Lines to return, exactly: from the line with "in their order." to the line with "(back', real)" in the entries below, both included.

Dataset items
= = = = =

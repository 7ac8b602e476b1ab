-- ===== src/Task/Remove.antt =====
-- `task_list_remove` and `task_new` of task/task.c on the whole list.
use peach_os64bit_module_two.Common.{
  ℕ, ◌≡◌, ◌≢◌, refl, false, List, [], ◌∷◌, ◌++◌, arith, ◌==◌, ap, ◌∙◌, sym,
}
use peach_os64bit_module_two.Task.{
  Node, Tasks, set_next, unlink_prev, move_head, move_tail, move_current, task_list_remove,
}
use peach_os64bit_module_two.Task.Chain.{
  Linked, DLinked, Absent, Distinct, last_or, last_or-differs, last_or-real, IsTaskList,
  DLinked-Linked, Absent-append, Distinct-append, Linked-set_next,
}

-- A task stands behind the last of those before it.
DLinked-prev :
    (nodes : ℕ → Node) (p t x : ℕ) (before after : List ℕ)
    → DLinked nodes p t (before ++ (x ∷ after))
    → (nodes x).prev ≡ last_or p before
unfolding DLinked
DLinked-prev nodes p t x [] after (at, real, back, rest) = back
DLinked-prev nodes p t x (b ∷ before) after (at, real, back, rest) =
    DLinked-prev nodes b (nodes b).next x before after rest

-- The pointer of the last task before one is led past it.
unlink :
    (nodes : ℕ → Node) (t b x : ℕ) (bs after : List ℕ)
    → Linked nodes t (b ∷ bs ++ (x ∷ after))
    → Distinct (b ∷ bs ++ (x ∷ after))
    → Linked (set_next nodes (last_or b bs) (nodes x).next) t (b ∷ bs ++ after)
unfolding Linked Distinct Absent
unlink nodes t b x [] after (at, real, (next, real', rest)) ((differs, absent), distinct) = (
  at,
  real,
  ground (arith, Linked-set_next nodes b (nodes x).next (nodes x).next after absent rest),
)
unlink nodes t b x (b' ∷ bs) after (at, real, rest) (absent, distinct) = (
  at,
  real,
  ground (
    arith,
    last_or-differs b b' bs (x ∷ after) absent,
    unlink nodes (nodes b).next b' x bs after rest distinct,
  ),
)

-- Moving the three pointers leaves the nodes and, for the last two, the head.
removed-nodes : (s : Tasks) (t : ℕ) → (task_list_remove s t).nodes ≡ (unlink_prev s t).nodes
unfolding task_list_remove move_current move_tail move_head
removed-nodes s t = ground (arith)

removed-head :
    (s : Tasks) (t : ℕ) → (task_list_remove s t).head ≡ (move_head (unlink_prev s t) t).head
unfolding task_list_remove move_current move_tail
removed-head s t = ground (arith)

links_first :
    (s : Tasks) (t : ℕ)
    → (s.nodes t).prev ≡ 0
    → s.head ≡ t
    → ((task_list_remove s t).nodes ≡ s.nodes) × ((task_list_remove s t).head ≡ (s.nodes t).next)
unfolding unlink_prev move_head
links_first s t back at =
    let same : unlink_prev s t ≡ s = rw (unlink_prev, back) refl in
    (
      removed-nodes s t ∙ ap (λ u. u.nodes) same,
      removed-head s t ∙ ap (λ u. (move_head u t).head) same ∙ ground (arith, at),
    )

links_behind :
    (s : Tasks) (t p : ℕ)
    → (s.nodes t).prev ≡ p
    → p ≢ 0
    → s.head ≢ t
    → ((task_list_remove s t).nodes ≡ set_next s.nodes p (s.nodes t).next)
      × ((task_list_remove s t).head ≡ s.head)
unfolding unlink_prev move_head
links_behind s t p back real other =
    let there : (p == 0) ≡ false = ground (arith, real) in
    let same : unlink_prev s t ≡ record s { nodes = set_next s.nodes p (s.nodes t).next } =
      rw (unlink_prev, back, there) refl in
    (
      removed-nodes s t ∙ ap (λ u. u.nodes) same,
      removed-head s t ∙ ap (λ u. (move_head u t).head) same ∙ ground (arith, other),
    )

links_first-Linked :
    (s : Tasks) (t : ℕ) (after : List ℕ)
    → IsTaskList s (t ∷ after)
    → Linked (task_list_remove s t).nodes (task_list_remove s t).head after
unfolding DLinked
links_first-Linked s t after l =
    let (at, real, back, rest) = l.linked in
    let (nodes, head) = links_first s t back at in
    rw (nodes, head) (DLinked-Linked s.nodes t (s.nodes t).next after rest)

head-differs :
    (nodes : ℕ → Node) (p t b x : ℕ) (bs after : List ℕ)
    → DLinked nodes p t (b ∷ bs ++ (x ∷ after))
    → Distinct (b ∷ bs ++ (x ∷ after))
    → t ≢ x
unfolding DLinked Distinct Absent
head-differs nodes p t b x bs after (at, real, back, h) (absent, distinct) =
    let (left, right) = Absent-append b bs (x ∷ after) absent in λ e. right.0 (sym e ∙ at)

links_behind_list :
    (s : Tasks) (t b : ℕ) (bs after : List ℕ)
    → IsTaskList s (b ∷ bs ++ (t ∷ after))
    → ((task_list_remove s t).nodes ≡ set_next s.nodes (last_or b bs) (s.nodes t).next)
      × ((task_list_remove s t).head ≡ s.head)
links_behind_list s t b bs after l =
    let back = DLinked-prev s.nodes 0 s.head t (b ∷ bs) after l.linked in
    let real = last_or-real s.nodes 0 s.head b bs (t ∷ after) l.linked in
    links_behind s t (last_or b bs) back real
      (head-differs s.nodes 0 s.head b t bs after l.linked l.distinct)

links_behind-Linked :
    (s : Tasks) (t b : ℕ) (bs after : List ℕ)
    → IsTaskList s (b ∷ bs ++ (t ∷ after))
    → Linked (task_list_remove s t).nodes (task_list_remove s t).head (b ∷ bs ++ after)
links_behind-Linked s t b bs after l =
    let (nodes, head) = links_behind_list s t b bs after l in
    rw (nodes, head)
      (unlink s.nodes s.head b t bs after
        (DLinked-Linked s.nodes 0 s.head (b ∷ bs ++ (t ∷ after)) l.linked) l.distinct)

-- From a doubly linked list of tasks `task_list_remove` takes the task wherever it stands: the
-- `next` pointers lead from the head through the others in their order.
pub task_list_remove-Linked :
    (s : Tasks) (t : ℕ) (before after : List ℕ)
    → IsTaskList s (before ++ (t ∷ after))
    → Linked (task_list_remove s t).nodes (task_list_remove s t).head (before ++ after)
task_list_remove-Linked s t [] after l = links_first-Linked s t after l
task_list_remove-Linked s t (b ∷ bs) after l = links_behind-Linked s t b bs after l

DLinked-neighbours :
    (nodes : ℕ → Node) (p h t x : ℕ) (before after : List ℕ)
    → DLinked nodes p h (before ++ (t ∷ x ∷ after))
    → ((nodes x).prev ≡ t) × (t ≢ 0)
unfolding DLinked
DLinked-neighbours nodes p h t x [] after (at, real, back, (at', real', back', rest)) =
    (back', real)
DLinked-neighbours nodes p h t x (b ∷ before) after (at, real, back, rest) =
    DLinked-neighbours nodes b (nodes b).next t x before after rest

Absent-join : (a : ℕ) (xs ys : List ℕ) → Absent a xs → Absent a ys → Absent a (xs ++ ys)
unfolding Absent
Absent-join a [] ys left right = right
Absent-join a (x ∷ xs) ys (differs, left) right = (differs, Absent-join a xs ys left right)

Distinct-tail : (xs ys : List ℕ) → Distinct (xs ++ ys) → Distinct ys
unfolding Distinct
Distinct-tail [] ys h = h
Distinct-tail (x ∷ xs) ys (absent, h) = Distinct-tail xs ys h

head-differs_next :
    (nodes : ℕ → Node) (p t b y x : ℕ) (bs after : List ℕ)
    → DLinked nodes p t (b ∷ bs ++ (y ∷ x ∷ after))
    → Distinct (b ∷ bs ++ (y ∷ x ∷ after))
    → t ≢ x
unfolding DLinked Distinct Absent
head-differs_next nodes p t b y x bs after (at, real, back, h) (absent, distinct) =
    let (left, right) = Absent-append b bs (y ∷ x ∷ after) absent in λ e. right.1.0 (sym e ∙ at)

set_next-prev :
    (nodes : ℕ → Node) (a next x p : ℕ) → (nodes x).prev ≡ p → (set_next nodes a next x).prev ≡ p
set_next-prev nodes a next x p h = ground (arith, h)

-- Removing a task that is not the first, and then the one behind it, leaves the second one in the
-- list, since its `prev` still names the first one.
pub task_list_remove-stale :
    (s : Tasks) (t x b : ℕ) (bs after : List ℕ)
    → IsTaskList s (b ∷ bs ++ (t ∷ x ∷ after))
    → let s' = task_list_remove (task_list_remove s t) x in
      Linked s'.nodes s'.head (b ∷ bs ++ (x ∷ after))
task_list_remove-stale s t x b bs after l =
    let s1 = task_list_remove s t in
    let (nodes, head) = links_behind_list s t b bs (x ∷ after) l in
    let (back, real) = DLinked-neighbours s.nodes 0 s.head t x (b ∷ bs) after l.linked in
    let other = head-differs_next s.nodes 0 s.head b t x bs after l.linked l.distinct in
    let back' : (s1.nodes x).prev ≡ t =
      ap (λ n. (n x).prev) nodes ∙ set_next-prev s.nodes (last_or b bs) (s.nodes t).next x t back in
    let (nodes', head') = links_behind s1 x t back' real (λ e. other (sym head ∙ e)) in
    let (left, right) = Distinct-append t (b ∷ bs) (x ∷ after) l.distinct in
    let gone : Absent t (b ∷ bs ++ (x ∷ after)) = Absent-join t (b ∷ bs) (x ∷ after) left right in
    rw (nodes', head')
      (Linked-set_next s1.nodes t (s1.nodes x).next s1.head (b ∷ bs ++ (x ∷ after)) gone
        (links_behind-Linked s t b bs (x ∷ after) l))
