-- ===== src/Task/Tests.antt =====
-- The tasks of task/task.c on small lists.
use peach_os64bit_module_two.Common.{
  ℕ, ◌≡◌, ◌≢◌, refl, Bool, none, [], ◌∷◌, arith, ltb, ◌==◌, if◌then◌else◌,
}
use peach_os64bit_module_two.Status.{ok}
use peach_os64bit_module_two.Task.{
  Node, Tasks, task_init, task_new, task_next, task_list_remove, unfinished,
}
use peach_os64bit_module_two.Task.Chain.{Linked, DLinked, Absent, Distinct, IsTaskList}
use peach_os64bit_module_two.Task.Live.{Asleep, task_next-starves, run, run-visits}
use peach_os64bit_module_two.Task.Remove.{task_list_remove-Linked, task_list_remove-stale}
use peach_os64bit_module_two.Task.New.{task_new-IsTaskList}

abbrev blank : Node
unfolding task_init
blank = task_init 0 none

-- Tasks at 10, 20, 30 and 40, of which the second runs.
abbrev four_nodes : ℕ → Node
four_nodes a =
    if a == 10
    then record blank { next = 20 }
    else if a == 20
    then record blank { next = 30; prev = 10 }
    else if a == 30
    then record blank { next = 40; prev = 20 }
    else if a == 40
    then record blank { prev = 30 }
    else blank

abbrev four : Tasks
four = record { nodes = four_nodes; head = 10; tail = 40; current = 20 }

four-IsTaskList : IsTaskList four (10 ∷ 20 ∷ 30 ∷ 40 ∷ [])
unfolding DLinked Distinct Absent task_init
four-IsTaskList = record { linked = ground arith; ends = refl; distinct = ground arith }

four-Linked : Linked four.nodes four.head (10 ∷ 20 ∷ 30 ∷ 40 ∷ [])
unfolding Linked task_init
four-Linked = ground arith

abbrev third_sleeps : ℕ → Bool
third_sleeps a = a == 30

abbrev rest_sleeps : ℕ → ℕ → Bool
rest_sleeps k a = ltb 20 a

task_next-starves_example : task_next 5 10 four rest_sleeps 0 ≡ unfinished
unfolding Asleep
task_next-starves_example =
    task_next-starves 5 10 four rest_sleeps 0 20 30 (10 ∷ []) (40 ∷ []) four-Linked refl
      (ground arith) (λ k. ground arith)

run-visits_example : (run 3 10 four).current ≡ 10
run-visits_example =
    (run-visits 10 four 20 (10 ∷ []) (30 ∷ 40 ∷ []) four-Linked refl (ground arith) 10 []
        (20 ∷ 30 ∷ 40 ∷ [])).1
      refl

task_list_remove-Linked_example :
    Linked (task_list_remove four 30).nodes (task_list_remove four 30).head (10 ∷ 20 ∷ 40 ∷ [])
task_list_remove-Linked_example =
    task_list_remove-Linked four 30 (10 ∷ 20 ∷ []) (40 ∷ []) four-IsTaskList

task_list_remove-stale_example :
    let s' = task_list_remove (task_list_remove four 20) 30 in
    Linked s'.nodes s'.head (10 ∷ 30 ∷ 40 ∷ [])
task_list_remove-stale_example = task_list_remove-stale four 20 30 10 [] (40 ∷ []) four-IsTaskList

fifth-Absent : Absent 50 (10 ∷ 20 ∷ 30 ∷ 40 ∷ [])
unfolding Absent
fifth-Absent = ground arith

abbrev fifth : ℕ
fifth = 50

fifth_real : fifth ≢ 0
fifth_real = omega arith

task_new-IsTaskList_example :
    let (r, s') = task_new four 50 7 none in
    (r ≡ ok 50) × IsTaskList s' (10 ∷ 20 ∷ 30 ∷ 40 ∷ 50 ∷ [])
task_new-IsTaskList_example =
    (task_new-IsTaskList four 50 7 none (10 ∷ 20 ∷ 30 ∷ 40 ∷ []) four-IsTaskList fifth-Absent).0
      fifth_real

= = = = =

Result below
-- `next` pointers lead from the head through the others in their order.
pub task_list_remove-Linked :
    (s : Tasks) (t : ℕ) (before after : List ℕ)
    → IsTaskList s (before ++ (t ∷ after))
    → Linked (task_list_remove s t).nodes (task_list_remove s t).head (before ++ after)
task_list_remove-Linked s t [] after l = links_first-Linked s t after l
task_list_remove-Linked s t (b ∷ bs) after l = links_behind-Linked s t b bs after l

DLinked-neighbours :
    (nodes : ℕ → Node) (p h t x : ℕ) (before after : List ℕ)
    → DLinked nodes p h (before ++ (t ∷ x ∷ after))
    → ((nodes x).prev ≡ t) × (t ≢ 0)
unfolding DLinked
DLinked-neighbours nodes p h t x [] after (at, real, back, (at', real', back', rest)) =
    (back', real)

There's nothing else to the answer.